IN EARLY 2015, the musician Kasseem Dean, known as Swizz Beatz, went with artist Kehinde Wiley to see his retrospective, “A New Republic,” at the Brooklyn Museum. Dean had been churning out hits as a hip-hop producer for more than two decades, propelling singles by the likes of Jay-Z, DMX, Busta Rhymes, and Beyoncé to global inescapability. But Dean, along with his Grammy-winning superstar wife, Alicia Keys, is also a contemporary-art patron who caught the bug well before his peers in the hip-hop game.
“A lot of people used to make fun of me collecting art—I won’t say no names, but they’re the biggest names,” Dean told me recently.
“We were so hardcore in music, I was a Ruff Ryder, everybody was more in their street element, and so collecting art….” he trailed off.

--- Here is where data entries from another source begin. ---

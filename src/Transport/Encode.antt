-- ===== src/Transport/Encode.antt =====
-- transport.go: `encodeJSONBounded`, its `limitedBuffer`, and `validateRawBody`.
-- The encoder of encoding/json is an argument: `encode value` is the text that `Encoder.Encode` hands
-- to its writer in one call of `Write`, or `none` where the value cannot be encoded.
use treetop_client_go.Base.{
  Bytes, Option, [], arith, if◌then◌else◌, length, none, some, ◌++◌, ◌+◌, ◌↔◌, ◌≡◌,
}
use treetop_client_go.Base.Int.{ltb_ℤ, pos, ℤ, ◌≤ℤ◌}
use treetop_client_go.Errors.{
  Check, Result, err, external, ok, refuse_if, request_too_large, text, wrapped,
}

pub record LimitedBuffer : Type 0 where
  pub bytes : Bytes
  pub limit : ℤ

-- `limitedBuffer.Write`; `none` is `errSizeLimit`. The source tests len(value) > limit - len(buffer).
pub write : LimitedBuffer → Bytes → Option LimitedBuffer
write b value =
    if ltb_ℤ b.limit (pos (length value + length b.bytes))
    then none
    else some (record b { bytes = b.bytes ++ value })

written : ℤ → Option LimitedBuffer → Result Bytes
written limit none = err (request_too_large limit)
written limit (some b) = ok b.bytes

encoded_text : ℤ → Option Bytes → Result Bytes
encoded_text limit none =
    err (wrapped (text "treetop: encode request JSON") (external (text "json")))
encoded_text limit (some out) = written limit (write (record { bytes = []; limit = limit }) out)

pub encode_json_bounded {ℓ} : {A : Type ℓ} → (A → Option Bytes) → A → ℤ → Result Bytes
encode_json_bounded encode value limit = encoded_text limit (encode value)

pub validate_raw_body : ℤ → ℤ → Check
validate_raw_body size limit = refuse_if (ltb_ℤ limit size) (request_too_large limit)

encoded_text_iff :
    (limit : ℤ) (o : Option Bytes) (out : Bytes)
    → (encoded_text limit o ≡ ok out) ↔ ((o ≡ some out) × (pos (length out) ≤ℤ limit))
unfolding encoded_text written write
encoded_text_iff limit none out = ground arith
encoded_text_iff limit (some x) out = ground arith

-- A body is encoded exactly when the encoder gives it and it fits the limit; it is then unchanged.
pub encode_json_bounded_iff {ℓ} :
    {A : Type ℓ} (encode : A → Option Bytes) (value : A) (limit : ℤ) (out : Bytes)
    → (encode_json_bounded encode value limit ≡ ok out)
      ↔ ((encode value ≡ some out) × (pos (length out) ≤ℤ limit))
unfolding encode_json_bounded
encode_json_bounded_iff encode value limit out = encoded_text_iff limit (encode value) out

-- The definitions of this file, for a test by evaluation.
unfoldable pub encode_runs : Unit {0}
unfolding write written encoded_text encode_json_bounded validate_raw_body
encode_runs = tt
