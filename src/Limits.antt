-- ===== src/Limits.antt =====
-- response_types.go: `RequestLimits`; authorization_request.go: `validateLimits`.
pub mod Within
use treetop_client_go.Base.{
  Bool, Bytes, List, Option, [], if◌then◌else◌, length, ltb, ℕ, ◌*◌, ◌+◌, ◌^◌, ◌||◌, ◌∷◌,
}
use treetop_client_go.Base.Int.{leb_ℤ, less_one, ltb_ℤ, max_int64, pos, suc_ℤ, ℤ}
use treetop_client_go.Errors.{
  Check, Err, Message, Result, configuration, err, lit, num, ok, pass, refuse_if, request_too_large,
  text, validation, wrapped, ◌>>=◌, ◌>>◌,
}
use treetop_client_go.Attr.{attr_depth, size}
use treetop_client_go.Request.{Attrs}
use treetop_client_go.Batch.{AuthRequest, batch_runs}
use treetop_client_go.Wire.{AttrMapWire, to_attr_map_wire}
use treetop_client_go.Transport.Encode.{encode_json_bounded}

pub record RequestLimits : Type 0 where
  pub max_batch_size : ℤ
  pub max_context_bytes : ℤ
  pub max_context_depth : ℤ
  pub max_context_keys : ℤ

pub default_request_limits : RequestLimits
default_request_limits = record {
  max_batch_size = pos 1024;
  max_context_bytes = pos (16 * 2 ^ 10);
  max_context_depth = pos 8;
  max_context_keys = pos 64;
}

-- The guard that `RequestLimits.validate` and `RequestLimits.validateResponse` share.
unfoldable pub bad_limits : RequestLimits → Bool
bad_limits l =
    ltb_ℤ l.max_batch_size (pos 0)
    || leb_ℤ l.max_context_bytes (pos 0)
    || leb_ℤ l.max_context_depth (pos 0)
    || leb_ℤ l.max_context_keys (pos 0)

-- `RequestLimits.validate`
pub validate_request_limits : RequestLimits → Check
validate_request_limits l =
    refuse_if (bad_limits l) (
      configuration (text "context limits must be positive and max batch size must be nonnegative"))

pub bounded_json_limit : ℤ → ℤ
bounded_json_limit limit = if ltb_ℤ limit (pos max_int64) then suc_ℤ limit else limit

-- The loop over the context, with the greatest depth so far.
context_depth : Attrs → ℕ → ℕ
context_depth [] depth = depth
context_depth ((name, value) ∷ attrs) depth =
    context_depth attrs (if ltb depth (attr_depth value) then attr_depth value else depth)

-- `requests[i].context`
context_field : ℕ → Message
context_field i = lit "requests[" ∷ num (pos i) ∷ lit "].context" ∷ []

limit_error : Message → Message → Message → Err
limit_error field value rule = validation (record { field = field; rule = rule; value = value })

-- What becomes of the encoded context.
context_size : ℕ → ℤ → Result Bytes → Check
context_size i limit (ok encoded) = refuse_if (ltb_ℤ limit (less_one (length encoded))) (
    limit_error (context_field i) (num (less_one (length encoded)) ∷ lit " bytes" ∷ [])
      (lit "exceeds " ∷ num limit ∷ lit " bytes" ∷ []))
context_size i limit (err (request_too_large _)) =
    err (limit_error (context_field i) [] (lit "exceeds " ∷ num limit ∷ lit " bytes" ∷ []))
context_size i limit (err e) = err (wrapped (lit "encode " ∷ context_field i) e)

module _ (encode : AttrMapWire → Option Bytes) (limits : RequestLimits) where
  -- One round of the loop, for a context that is not empty.
  context_limits : ℕ → Attrs → Check
  context_limits i context = do
    refuse_if (ltb_ℤ limits.max_context_keys (pos (length context))) (
        limit_error (context_field i) (num (pos (length context)) ∷ [])
          (lit "contains more than " ∷ num limits.max_context_keys ∷ lit " keys" ∷ []))
    refuse_if (ltb_ℤ limits.max_context_depth (pos (context_depth context 0))) (
        limit_error (context_field i) (num (pos (context_depth context 0)) ∷ [])
          (lit "nesting exceeds depth " ∷ num limits.max_context_depth ∷ []))
    context_size i limits.max_context_bytes (
        encode_json_bounded encode (to_attr_map_wire context)
          (bounded_json_limit limits.max_context_bytes))

  item_limits : ℕ → Attrs → Check
  item_limits i [] = pass
  item_limits i (e ∷ context) = context_limits i (e ∷ context)

  limits_loop : ℕ → List AuthRequest → Check
  limits_loop i [] = pass
  limits_loop i (r ∷ rs) = item_limits i r.context >> limits_loop (i + 1) rs

  -- `AuthorizeRequest.validateLimits`
  pub validate_limits : List AuthRequest → Check
  validate_limits requests = do
    refuse_if (ltb_ℤ limits.max_batch_size (pos (length requests))) (
        limit_error (text "authorization batch") (num (pos (length requests)) ∷ [])
          (lit "contains more than " ∷ num limits.max_batch_size ∷ lit " requests" ∷ []))
    limits_loop 0 requests

-- The definitions of this file, for a test by evaluation.
unfoldable pub limits_run : Unit {0}
unfolding batch_runs default_request_limits bad_limits validate_request_limits bounded_json_limit
    context_depth context_field limit_error context_size context_limits item_limits limits_loop
    validate_limits
limits_run = tt
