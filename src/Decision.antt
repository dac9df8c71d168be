-- ===== src/Decision.antt =====
-- response_types.go: policy versions, decisions and their validation.
pub mod Fits
use treetop_client_go.Base.{
  Bool, Bytes, List, Option, String, [], bytes_eq, false, is_empty, none, not, some, true, ℕ, ◌&&◌,
  ◌+◌, ◌==◌, ◌||◌, ◌∷◌,
}
use treetop_client_go.Base.Int.{eq_ℤ, pos, ℤ}
use treetop_client_go.Errors.{
  Check, Err, Message, err, invalid_response, lit, num, pass, quoted, refuse_if, text, ◌>>=◌, ◌>>◌,
}

-- A `time.Time` by the instant that it denotes, counted from the zero time; `Equal` compares instants.
abbrev pub Time : Type 0
Time = ℤ

abbrev pub is_zero : Time → Bool
is_zero t = eq_ℤ t (pos 0)

-- `nil` and pointers to equal strings are equal.
pub labels_equal : Option Bytes → Option Bytes → Bool
labels_equal none none = true
labels_equal (some a) (some b) = bytes_eq a b
labels_equal _ _ = false

pub record PolicyVersion : Type 0 where
  pub hash : Bytes
  pub loaded_at : Time
  pub label_set : Option Bytes
  pub generation : ℕ

-- `PolicyVersion.equal`
pub version_equal : PolicyVersion → PolicyVersion → Bool
version_equal v w =
    bytes_eq v.hash w.hash
    && eq_ℤ v.loaded_at w.loaded_at
    && labels_equal v.label_set w.label_set
    && v.generation == w.generation

-- The strings "Allow" and "Deny", and any other.
pub data Decision : Type 0 where
  allow deny : Decision
  other_decision : Bytes → Decision

pub record PermitPolicy : Type 0 where
  pub literal : Bytes
  pub json : Bytes
  pub annotation_id : Option Bytes
  pub cedar_id : Bytes

pub record AuthorizeDecisionBrief : Type 0 where
  pub decision : Decision
  pub version : PolicyVersion
  pub policy_id : Bytes

pub record AuthorizeDecisionDetailed : Type 0 where
  pub policies : List PermitPolicy
  pub decision : Decision
  pub version : PolicyVersion

-- A value of type `any`, as the type switch of `validateDecision` sees it.
pub data AnyDecision : Type 0 where
  brief : AuthorizeDecisionBrief → AnyDecision
  detailed : AuthorizeDecisionDetailed → AnyDecision
  unsupported : AnyDecision

unfoldable pub result_message : ℤ → Message → Err
result_message index rest = invalid_response (lit "result index " ∷ num index ∷ rest)

-- `decisionMismatch` and `versionMismatch`
decision_mismatch : ℤ → Message → Err
decision_mismatch index message = result_message index (lit " is inconsistent: " ∷ message)

version_mismatch : ℤ → Err
version_mismatch index =
    result_message index (text " reports a different policy version than the batch")

-- The inner `switch` on the decision; `unmatched` tells whether no policy matched.
check_outcome : ℤ → Decision → Bool → String → String → Check
check_outcome index allow unmatched no_match a_match =
    refuse_if unmatched (decision_mismatch index (text no_match))
check_outcome index deny unmatched no_match a_match =
    refuse_if (not unmatched) (decision_mismatch index (text a_match))
check_outcome index (other_decision s) unmatched no_match a_match =
    err (decision_mismatch index (lit "unknown decision " ∷ quoted s ∷ []))

-- `is_object` tells whether `json.Unmarshal` decodes a text into a non-nil map.
module _ (is_object : Bytes → Bool) where
  -- `PermitPolicy.validateResponse`
  validate_policy : PermitPolicy → ℕ → Check
  validate_policy p index =
      refuse_if (is_empty p.literal || is_empty p.cedar_id || not (is_object p.json))
        (invalid_response (lit "matching policy " ∷ num (pos index) ∷ lit " is incomplete" ∷ []))

  validate_policies : List PermitPolicy → ℕ → Check
  validate_policies [] index = pass
  validate_policies (p ∷ ps) index = validate_policy p index >> validate_policies ps (index + 1)

  pub validate_decision : AnyDecision → PolicyVersion → ℤ → Check
  validate_decision (brief d) batch_version index = do
    refuse_if (not (version_equal d.version batch_version)) (version_mismatch index)
    check_outcome index d.decision (is_empty d.policy_id) "Allow decision has no matching policy ID"
        "Deny decision contains matching policy IDs"
  validate_decision (detailed d) batch_version index = do
    refuse_if (not (version_equal d.version batch_version)) (version_mismatch index)
    validate_policies d.policies 0
    check_outcome index d.decision (is_empty d.policies) "Allow decision has no matching policies"
        "Deny decision contains matching policies"
  validate_decision unsupported batch_version index =
      err (result_message index (text " has an unsupported decision type"))

-- The definitions of this file, for a test by evaluation.
unfoldable pub decision_runs : Unit {0}
unfolding labels_equal version_equal result_message decision_mismatch version_mismatch check_outcome
    validate_policy validate_policies validate_decision
decision_runs = tt
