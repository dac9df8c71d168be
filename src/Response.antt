-- ===== src/Response.antt =====
-- response_types.go: authorization responses, their validation, and their lookup by ID.
pub mod Consistent
pub mod Correlated
pub mod Find
use treetop_client_go.Base.{
  Bool, Bytes, List, Option, [], bytes_eq, false, if◌then◌else◌, is_empty, length, none, not, some,
  true, ℕ, ◌+◌, ◌-◌, ◌==◌, ◌||◌, ◌∷◌,
}
use treetop_client_go.Base.Int.{eq_ℤ, negsuc, pos, ℤ}
use treetop_client_go.Errors.{
  Check, Result, err, invalid, invalid_response, lit, nil, num, ok, panic, pass, quoted, refuse_if,
  text, validation, ◌>>=◌, ◌>>◌,
}
use treetop_client_go.Batch.{AuthRequest, batch_runs, request_id}
use treetop_client_go.Decision.{
  AnyDecision, PolicyVersion, decision_runs, is_zero, labels_equal, result_message,
  validate_decision,
}

pub data BatchStatus : Type 0 where
  success failed : BatchStatus
  other_status : Bytes → BatchStatus

pub record BatchResult (T : Type 0) : Type 0 where
  pub status : BatchStatus
  pub result : Option T
  pub error : Bytes

pub record IndexedResult (T : Type 0) : Type 0 where
  pub index : ℤ
  pub id : Option Bytes
  pub batch : BatchResult T

pub record AuthorizeResponse (T : Type 0) : Type 0 where
  pub results : List (IndexedResult T)
  pub version : PolicyVersion
  pub successful : ℤ
  pub failed : ℤ

-- `is_object` is the parameter of `validate_decision`, and `any_of` the conversion `any(*item.Result)`.
module _ (is_object : Bytes → Bool) {T : Type 0} (any_of : T → AnyDecision) where
  check_success : Option T → Bytes → PolicyVersion → ℤ → Check
  check_success none error version index =
      err (result_message index (text " has an invalid success payload"))
  check_success (some t) error version index = do
    refuse_if (not (is_empty error)) (result_message index (text " has an invalid success payload"))
    validate_decision is_object (any_of t) version index

  check_failure : Option T → ℤ → Check
  check_failure none index = pass
  check_failure (some t) index = err (result_message index (text " has an invalid failure payload"))

  -- The `switch` on the status: the number of successes, with this item.
  check_status : BatchStatus → BatchResult T → PolicyVersion → ℤ → ℕ → Result ℕ
  check_status success r version index successes =
      check_success r.result r.error version index >> ok (successes + 1)
  check_status failed r version index successes = check_failure r.result index >> ok successes
  check_status (other_status s) r version index successes =
      err (result_message index (lit " has unknown status " ∷ quoted s ∷ []))

  -- The loop over the results.
  results_loop : PolicyVersion → ℕ → List (IndexedResult T) → ℕ → Result ℕ
  results_loop version position [] successes = ok successes
  results_loop version position (r ∷ rs) successes = do
    refuse_if (not (eq_ℤ r.index (pos position))) (
        invalid_response (
          lit "result at position "
          ∷ num (pos position)
          ∷ lit " reports index "
          ∷ num r.index
          ∷ []))
    successes' ← check_status r.batch.status r.batch version r.index successes
    results_loop version (position + 1) rs successes'

  check_counts : AuthorizeResponse T → ℕ → Check
  check_counts r successes =
      refuse_if
        (not (eq_ℤ r.successful (pos successes))
          || not (eq_ℤ r.failed (pos (length r.results - successes))))
        (invalid_response (
          lit "declared "
          ∷ num r.successful
          ∷ lit " successful and "
          ∷ num r.failed
          ∷ lit " failed, observed "
          ∷ num (pos successes)
          ∷ lit " successful and "
          ∷ num (pos (length r.results - successes))
          ∷ lit " failed"
          ∷ []))

  -- `validateAuthorizeResponseStructure`; `none` is a nil response.
  pub validate_structure : Option (AuthorizeResponse T) → ℕ → Check
  validate_structure none expected =
      err (invalid_response (text "authorize returned a nil response"))
  validate_structure (some r) expected = do
    refuse_if (not (length r.results == expected)) (
        invalid_response (
          lit "authorize returned "
          ∷ num (pos (length r.results))
          ∷ lit " results for "
          ∷ num (pos expected)
          ∷ lit " requests"
          ∷ []))
    refuse_if (is_empty r.version.hash || is_zero r.version.loaded_at)
        (invalid_response (text "authorize response is missing its policy version"))
    successes ← results_loop r.version 0 r.results 0
    check_counts r successes

  -- `AuthorizeResponse.Validate`
  pub validate_response : Option (AuthorizeResponse T) → ℤ → Check
  validate_response r (pos expected) = validate_structure r expected
  validate_response r (negsuc n) = err (
      validation (record {
        field = text "expected results";
        rule = text "must not be negative";
        value = num (negsuc n) ∷ [];
      }))

  -- The ID that an item must carry: none where none was sent, the one that was sent otherwise.
  unexpected_id : Option Bytes → Option Bytes → Bool
  unexpected_id none none = false
  unexpected_id none (some id) = true
  unexpected_id (some expected) none = true
  unexpected_id (some expected) (some id) = not (bytes_eq id expected)

  -- The second loop, over `request.requests[position]` beside the results.
  pub ids_loop : List (IndexedResult T) → List AuthRequest → Check
  ids_loop [] requests = pass
  ids_loop (r ∷ rs) [] = err panic
  ids_loop (r ∷ rs) (q ∷ qs) = do
    refuse_if (unexpected_id (request_id q) r.id)
        (result_message r.index (text " has an unexpected request ID"))
    ids_loop rs qs

  -- `validateAuthorizeResponse`
  pub validate_authorize_response : AuthorizeResponse T → List AuthRequest → Check
  validate_authorize_response r requests = do
    validate_structure (some r) (length requests)
    ids_loop r.results requests

  -- `AuthorizeResponse.FindByID`, the loop
  find_loop : List (IndexedResult T) → Bytes → Option (IndexedResult T)
  find_loop [] id = none
  find_loop (r ∷ rs) id = if labels_equal r.id (some id) then some r else find_loop rs id

  pub find_by_id : Option (AuthorizeResponse T) → Bytes → Option (IndexedResult T)
  find_by_id none id = none
  find_by_id (some r) id = find_loop r.results id

-- The definitions of this file, for a test by evaluation.
unfoldable pub response_runs : Unit {0}
unfolding batch_runs decision_runs check_success check_failure check_status results_loop
    check_counts validate_structure validate_response unexpected_id ids_loop
    validate_authorize_response find_loop find_by_id
response_runs = tt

Walking through the Wiley show in 2015, Dean was already itching to move to the next echelon. The loaned works came from institutions all over the country but also a number of private collectors: a hedge fund executive, a manager at a different hedge fund, the manager of a tech billionaire’s family office. Dean realized, reading the wall labels, that he saw “no last names of color.”
Wiley and Dean walked in front of Femme piquée par un serpent, a 25-foot-long painting of a Black man in bed based on a sculpture in the Musee d’Orsay. “Courtesy Sean Kelly, New York,” its label read, referring to Wiley’s commercial gallery. Such wording is often a super-insider way to say, “This might just be for sale.”